Analysts react as Bill to pay for SMS, data usage emerges

Analysts at Afrinvest say the new Communication Service Tax (CST) is another misadventure by government, saying it would overburden consumers.

The Communication Service Tax Bill is back from the dead but now repurposed. The 2016 version was meant to help boost government revenues from non-oil taxes in the wake of the collapse in oil prices between 2014 and 2016. The 2019 version of the bill passed the first reading in the Senate this week and it proposes a 9.0 per cent Communication Service Tax (CST) to replace the planned increase in VAT from 5.0 per cent to 7.5 per cent by the FG. The CST when passed into law will be levied on the consumers of voice calls, MMS, SMS, data usage and Pay per View TV services provided by mobile telecommunication and internet service providers. As the companies must provide the government access to network nodes, non-compliant service providers could suffer penalties including 5.0 per cent of gross annual revenue from the last audited financial statements or a revocation of their licence.

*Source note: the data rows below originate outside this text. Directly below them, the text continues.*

-- ===== src/Dma/Leases.antt =====
-- Leases: what a lease of the pool gives back, and when it gives nothing.
use minicam_hal.Common.{
  ℕ, ◌+◌, ◌≡◌, ◌≢◌, ◌<◌, refl, Bool, true, false, Option, none, some, List, [], ◌∷◌, ◌++◌, inl, inr,
  arith, ◌==◌, ==_iff, ==_self, inc64, Bool-cases,
}
use minicam_hal.Dma.{
  Heap, DmaBuf, DmaBufPool, no_lease, set_acquired, is_acquired, acquire, release, reset_lease,
  close, available, initialize,
}
use minicam_hal.Common.{All, ◌∙◌}
use minicam_hal.Dma.Books.{IsValid, idle, idle-owned}
use minicam_hal.Dma.Pool.{Call, initializes, acquires, closes, resets, call, generation-each}

inc64_moves : (n : ℕ) → (n == inc64 n) ≡ false
unfolding inc64
inc64_moves n = ground arith

stale : (b : Option ℕ) (g : ℕ) (p : DmaBufPool) → (g == p.generation) ≡ false → release b g p ≡ p
unfolding release
stale none g p e = refl
stale (some a) g p e = rw e refl

initialize-generation :
    (heap : Heap) (size n : ℕ) (map : Bool) (p : DmaBufPool)
    → size ≢ 0
    → n ≢ 0
    → (initialize heap size n map p).1.generation ≡ inc64 p.generation
unfolding initialize
initialize-generation heap size n map p nonzero some_wanted = ground (
  arith,
  generation-each heap n 0 size map (record p {
    generation = inc64 p.generation;
    buffers = [];
    free_buffers = [];
    buffer_size = size;
  }),
)

-- Leases are taken and reset; the pool is neither initialized nor closed.
abbrev pub is_lease_call : Call → Bool
is_lease_call acquires = true
is_lease_call (resets l) = true
is_lease_call _ = false

unfoldable pub run : Heap → List Call → DmaBufPool → DmaBufPool
run heap [] p = p
run heap (c ∷ cs) p = run heap cs (call heap c p)

generation-release :
    (b : Option ℕ) (g : ℕ) (p : DmaBufPool) → (release b g p).generation ≡ p.generation
unfolding release
generation-release none g p = refl
generation-release (some a) g p = ground arith

generation-acquire : (p : DmaBufPool) → (acquire p).1.generation ≡ p.generation
unfolding acquire
generation-acquire p = ground arith

generation-run :
    (heap : Heap) (cs : List Call) (p : DmaBufPool)
    → All (λ c. is_lease_call c ≡ true) cs
    → (run heap cs p).generation ≡ p.generation
unfolding run call reset_lease
generation-run heap [] p h = refl
generation-run heap (acquires ∷ cs) p h =
    generation-run heap cs (acquire p).1 h.1 ∙ generation-acquire p
generation-run heap (resets l ∷ cs) p h =
    generation-run heap cs (release l.buffer l.generation p) h.1
    ∙ generation-release l.buffer l.generation p
generation-run heap (closes ∷ cs) p h = cc
generation-run heap (initializes size n map ∷ cs) p h = cc

-- A lease that outlives its pool's buffers releases nothing: once the pool is closed, or initialized
-- anew with a size and a count that are not zero, and whatever leases are taken and reset since, of
-- buffers at whatever addresses, the release of a lease of the generation before leaves the pool as it
-- is.
pub stale-release :
    (heap : Heap) (size n : ℕ) (map : Bool) (b : Option ℕ) (cs : List Call) (p : DmaBufPool)
    → size ≢ 0
    → n ≢ 0
    → All (λ c. is_lease_call c ≡ true) cs
    → let closed = run heap cs (close p) in
      let renewed = run heap cs (initialize heap size n map p).1 in
      (release b p.generation closed ≡ closed) × (release b p.generation renewed ≡ renewed)
unfolding close
stale-release heap size n map b cs p nonzero some_wanted only_leases = (
  stale b p.generation (run heap cs (close p))
      (rw (generation-run heap cs (close p) only_leases) (inc64_moves p.generation)),
  stale b p.generation (run heap cs (initialize heap size n map p).1) (
      rw
        (
          generation-run heap cs (initialize heap size n map p).1 only_leases,
          initialize-generation heap size n map p nonzero some_wanted,
        )
        (inc64_moves p.generation)),
)

-- Two leases taken one after the other from a pool whose books are in order are of different
-- buffers.
pub acquire-acquire :
    (p : DmaBufPool) (a b : ℕ)
    → IsValid p
    → (acquire p).0.buffer ≡ some a
    → (acquire (acquire p).1).0.buffer ≡ some b
    → a ≢ b
unfolding acquire
acquire-acquire p a b v e f = go p.free_buffers refl
  where
    go : (free : List ℕ) → p.free_buffers ≡ free → a ≢ b
    go [] k = ground arith
    go (x ∷ []) k = ground arith
    go (x ∷ y ∷ rest) k =
        ground (arith, v.free_exact a, v.distinct a, idle-owned a p.buffers, ==_iff a a, ==_iff b a)

is_acquired-take :
    (a : ℕ) (bs : List DmaBuf) → 0 < idle a bs → is_acquired a (set_acquired a true bs) ≡ true
unfolding is_acquired set_acquired
is_acquired-take a [] h = ground arith
is_acquired-take a (b ∷ bs) h = elim (Bool-cases (b.address == a)) [
  | inl e ↦ ground arith
  | inr e ↦ ground (arith, is_acquired-take a bs)
]

is_acquired-return : (a : ℕ) (bs : List DmaBuf) → is_acquired a (set_acquired a false bs) ≡ false
unfolding is_acquired set_acquired
is_acquired-return a [] = refl
is_acquired-return a (b ∷ bs) = ground (arith, is_acquired-return a bs)

release_held :
    (a : ℕ) (p : DmaBufPool)
    → is_acquired a p.buffers ≡ true
    → release (some a) p.generation p ≡ record p {
      buffers = set_acquired a false p.buffers;
      free_buffers = p.free_buffers ++ (a ∷ []);
    }
unfolding release
release_held a p e = rw (==_self p.generation, e) refl

release_idle :
    (a g : ℕ) (p : DmaBufPool) → is_acquired a p.buffers ≡ false → release (some a) g p ≡ p
unfolding release
release_idle a g p e = ground arith

-- A lease that is taken and reset goes to the end of the free list, and resetting it again, or
-- releasing its buffer again, does nothing more. The pool's books are in order and it has a
-- buffer free.
pub acquire-reset :
    (p : DmaBufPool) (a : ℕ) (rest : List ℕ)
    → IsValid p
    → p.free_buffers ≡ a ∷ rest
    → let (lease, taken) = acquire p in
      let (empty, returned) = reset_lease lease taken in
      (available taken + 1 ≡ available p)
      × (returned.free_buffers ≡ rest ++ (a ∷ []))
      × (release lease.buffer lease.generation returned ≡ returned)
      × (reset_lease empty returned ≡ (no_lease, returned))
unfolding acquire reset_lease available release
acquire-reset p a rest v e =
    let bs = p.buffers in
    let there : 0 < idle a bs = ground (arith, e, v.free_exact a, ==_self a) in
    let taken : DmaBufPool = record p { free_buffers = rest; buffers = set_acquired a true bs } in
    let returned : DmaBufPool = record taken {
      buffers = set_acquired a false (set_acquired a true bs);
      free_buffers = rest ++ (a ∷ []);
    } in
    let first : release (some a) p.generation taken ≡ returned =
      release_held a taken (is_acquired-take a bs there) in
    let second : release (some a) p.generation returned ≡ returned =
      release_idle a p.generation returned (is_acquired-return a (set_acquired a true bs)) in
    rw (e, acquire) (rw first (omega arith, refl, second, refl))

Failure to file returns by due date will attract N50,000 as well as 10,000 per day until compliance while non-remittance of the tax by the due date will attract a monthly interest on the unpaid tax at 150.0 per cent of the average of prevailing lending rates by commercial banks.

“In our opinion, the CST would overburden consumers who already bear 5.0 per cent Value Added Tax (VAT) on telecommunications services. As Nigeria plans to boost digital connectivity and derive the attendant benefits, this could slow progress as consumers readjust spending patterns given the level of poverty in the country”, said analysts at Afrinvest.

For the telecommunications sector, the proposed CST worsens the issue of tax multiplicity. In addition to existing taxes, companies would bear increased costs of compliance and lower patronage as consumers react negatively to new taxes. With the sector contributing 1.2% to the real GDP growth of 1.9 per cent in second quarter of2019, there is the prospect for even slower economic growth. Similarly, considering that the penetration of telecommunications services is lagging in rural areas, the planned tax would slow progress towards expanding national coverage. This could have negative implications for financial inclusion which is expected to be driven by mobile money services.

“We do not expect the CST to generate as much as the proposed VAT of 7.5 per cent which we conservatively estimate to bring in additional N545.1billion as VAT revenue. Looking at data on the sectoral distribution of VAT collections, we discover that VAT from professional services, which includes collections from the telecommunications sector, was N86.3billion in 2018. Revenues from the CST of 9.0 per cent would clearly fall short of the FG’s expected increase in VAT, even without considering the changes to consumer demand and growth in the sector.

Its analysis of the 2019 budget performance in half year shows that the FG’s deficit continues to rise given the slow increase in revenue. Between January and June 2019, the FG incurred a deficit of N1.3tn, which is 63.5 per cent of its proposed budget deficit (N2.1trillion). The actual revenue collected has been weak at N2.0 trillion or 29.2 per cent of total proposed revenue (N6.9trillion) for 2019, meanwhile government’s expenditure was N3.4 trillion or 37.2 per cent of total planned spending.

The recent raft of aggressive initiatives to boost tax collection is motivated by government’s unsustainable fiscal position. This is becoming increasingly fragile in the face of large spending on subsidies and weaker for longer oil prices as well as production.

“However, we believe the strategies to boost revenues should be better coordinated and should be part of a comprehensive reform package that harmonises taxes, widens the tax net, reins in recurrent spending, reduce costs of compliance and eliminates spending on petrol subsidies. We believe the FG’s approach towards taxes could affect economic growth and dampen the investment climate, with negative implications for tax collections”, said Afrinvest.